** TASK OBJECTIVE **
Could you transcribe every entry exactly, leaving nothing out?

· · · ·

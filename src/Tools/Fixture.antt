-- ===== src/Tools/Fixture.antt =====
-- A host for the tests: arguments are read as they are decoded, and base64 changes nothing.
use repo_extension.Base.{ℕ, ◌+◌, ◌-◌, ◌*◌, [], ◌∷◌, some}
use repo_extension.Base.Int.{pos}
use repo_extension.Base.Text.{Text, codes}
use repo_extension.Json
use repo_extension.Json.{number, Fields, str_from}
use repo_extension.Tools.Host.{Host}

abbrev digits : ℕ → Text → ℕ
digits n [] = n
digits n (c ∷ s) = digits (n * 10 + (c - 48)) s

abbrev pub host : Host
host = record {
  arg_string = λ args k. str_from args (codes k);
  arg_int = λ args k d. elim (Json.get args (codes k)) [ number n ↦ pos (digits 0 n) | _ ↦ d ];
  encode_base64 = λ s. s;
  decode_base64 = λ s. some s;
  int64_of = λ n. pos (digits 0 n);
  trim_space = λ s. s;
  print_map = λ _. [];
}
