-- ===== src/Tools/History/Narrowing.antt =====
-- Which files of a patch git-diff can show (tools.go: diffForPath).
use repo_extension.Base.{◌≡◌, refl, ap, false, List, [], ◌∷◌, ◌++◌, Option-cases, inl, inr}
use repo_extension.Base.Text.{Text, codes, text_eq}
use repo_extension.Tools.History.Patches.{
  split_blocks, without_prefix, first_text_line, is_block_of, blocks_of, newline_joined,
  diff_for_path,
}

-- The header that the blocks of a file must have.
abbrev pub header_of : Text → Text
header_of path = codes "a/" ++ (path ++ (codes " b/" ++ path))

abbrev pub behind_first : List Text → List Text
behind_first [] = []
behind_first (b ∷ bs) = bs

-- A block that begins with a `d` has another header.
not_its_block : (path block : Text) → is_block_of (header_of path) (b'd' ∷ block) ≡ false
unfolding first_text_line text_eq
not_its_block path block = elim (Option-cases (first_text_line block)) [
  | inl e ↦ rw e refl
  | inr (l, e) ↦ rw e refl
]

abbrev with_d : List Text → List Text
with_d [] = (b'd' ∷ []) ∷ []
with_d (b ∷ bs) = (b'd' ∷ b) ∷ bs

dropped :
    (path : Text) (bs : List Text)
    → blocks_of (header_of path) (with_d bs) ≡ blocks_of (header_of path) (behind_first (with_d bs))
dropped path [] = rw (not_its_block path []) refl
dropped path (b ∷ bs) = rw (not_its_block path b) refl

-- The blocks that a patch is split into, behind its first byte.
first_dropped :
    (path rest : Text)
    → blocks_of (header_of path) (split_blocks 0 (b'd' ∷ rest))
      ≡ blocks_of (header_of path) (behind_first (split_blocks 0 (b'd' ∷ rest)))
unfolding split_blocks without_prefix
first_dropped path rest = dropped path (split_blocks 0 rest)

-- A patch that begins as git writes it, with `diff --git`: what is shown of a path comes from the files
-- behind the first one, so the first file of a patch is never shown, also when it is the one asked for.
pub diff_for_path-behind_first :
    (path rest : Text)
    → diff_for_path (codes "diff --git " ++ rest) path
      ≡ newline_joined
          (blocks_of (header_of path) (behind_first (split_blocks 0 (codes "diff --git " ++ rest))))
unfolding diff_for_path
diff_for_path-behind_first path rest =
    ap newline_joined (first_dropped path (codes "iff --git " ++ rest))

· · · ·

** TASK ANSWER **
filename src/Tools/Fixture.antt
-- ===== src/Tools/Fixture.antt =====
-- A host for the tests: arguments are read as they are decoded, and base64 changes nothing.
use repo_extension.Base.{ℕ, ◌+◌, ◌-◌, ◌*◌, [], ◌∷◌, some}
use repo_extension.Base.Int.{pos}
use repo_extension.Base.Text.{Text, codes}
use repo_extension.Json
use repo_extension.Json.{number, Fields, str_from}
use repo_extension.Tools.Host.{Host}

abbrev digits : ℕ → Text → ℕ
digits n [] = n
digits n (c ∷ s) = digits (n * 10 + (c - 48)) s

abbrev pub host : Host
host = record {
  arg_string = λ args k. str_from args (codes k);
  arg_int = λ args k d. elim (Json.get args (codes k)) [ number n ↦ pos (digits 0 n) | _ ↦ d ];
  encode_base64 = λ s. s;
  decode_base64 = λ s. some s;
  int64_of = λ n. pos (digits 0 n);
  trim_space = λ s. s;
  print_map = λ _. [];
}
-- ===== src/Tools/History/Narrowing.antt =====
-- Which files of a patch git-diff can show (tools.go: diffForPath).
use repo_extension.Base.{◌≡◌, refl, ap, false, List, [], ◌∷◌, ◌++◌, Option-cases, inl, inr}
use repo_extension.Base.Text.{Text, codes, text_eq}
use repo_extension.Tools.History.Patches.{
  split_blocks, without_prefix, first_text_line, is_block_of, blocks_of, newline_joined,
  diff_for_path,
}

-- The header that the blocks of a file must have.
abbrev pub header_of : Text → Text
header_of path = codes "a/" ++ (path ++ (codes " b/" ++ path))

abbrev pub behind_first : List Text → List Text
behind_first [] = []
behind_first (b ∷ bs) = bs

-- A block that begins with a `d` has another header.
not_its_block : (path block : Text) → is_block_of (header_of path) (b'd' ∷ block) ≡ false
unfolding first_text_line text_eq
not_its_block path block = elim (Option-cases (first_text_line block)) [
  | inl e ↦ rw e refl
  | inr (l, e) ↦ rw e refl
]

abbrev with_d : List Text → List Text
with_d [] = (b'd' ∷ []) ∷ []
with_d (b ∷ bs) = (b'd' ∷ b) ∷ bs

dropped :
    (path : Text) (bs : List Text)
    → blocks_of (header_of path) (with_d bs) ≡ blocks_of (header_of path) (behind_first (with_d bs))
dropped path [] = rw (not_its_block path []) refl
dropped path (b ∷ bs) = rw (not_its_block path b) refl

-- The blocks that a patch is split into, behind its first byte.
first_dropped :
    (path rest : Text)
    → blocks_of (header_of path) (split_blocks 0 (b'd' ∷ rest))
      ≡ blocks_of (header_of path) (behind_first (split_blocks 0 (b'd' ∷ rest)))
unfolding split_blocks without_prefix
first_dropped path rest = dropped path (split_blocks 0 rest)

-- A patch that begins as git writes it, with `diff --git`: what is shown of a path comes from the files
-- behind the first one, so the first file of a patch is never shown, also when it is the one asked for.
pub diff_for_path-behind_first :
    (path rest : Text)
    → diff_for_path (codes "diff --git " ++ rest) path
      ≡ newline_joined
          (blocks_of (header_of path) (behind_first (split_blocks 0 (codes "diff --git " ++ rest))))
unfolding diff_for_path
diff_for_path-behind_first path rest =
    ap newline_joined (first_dropped path (codes "iff --git " ++ rest))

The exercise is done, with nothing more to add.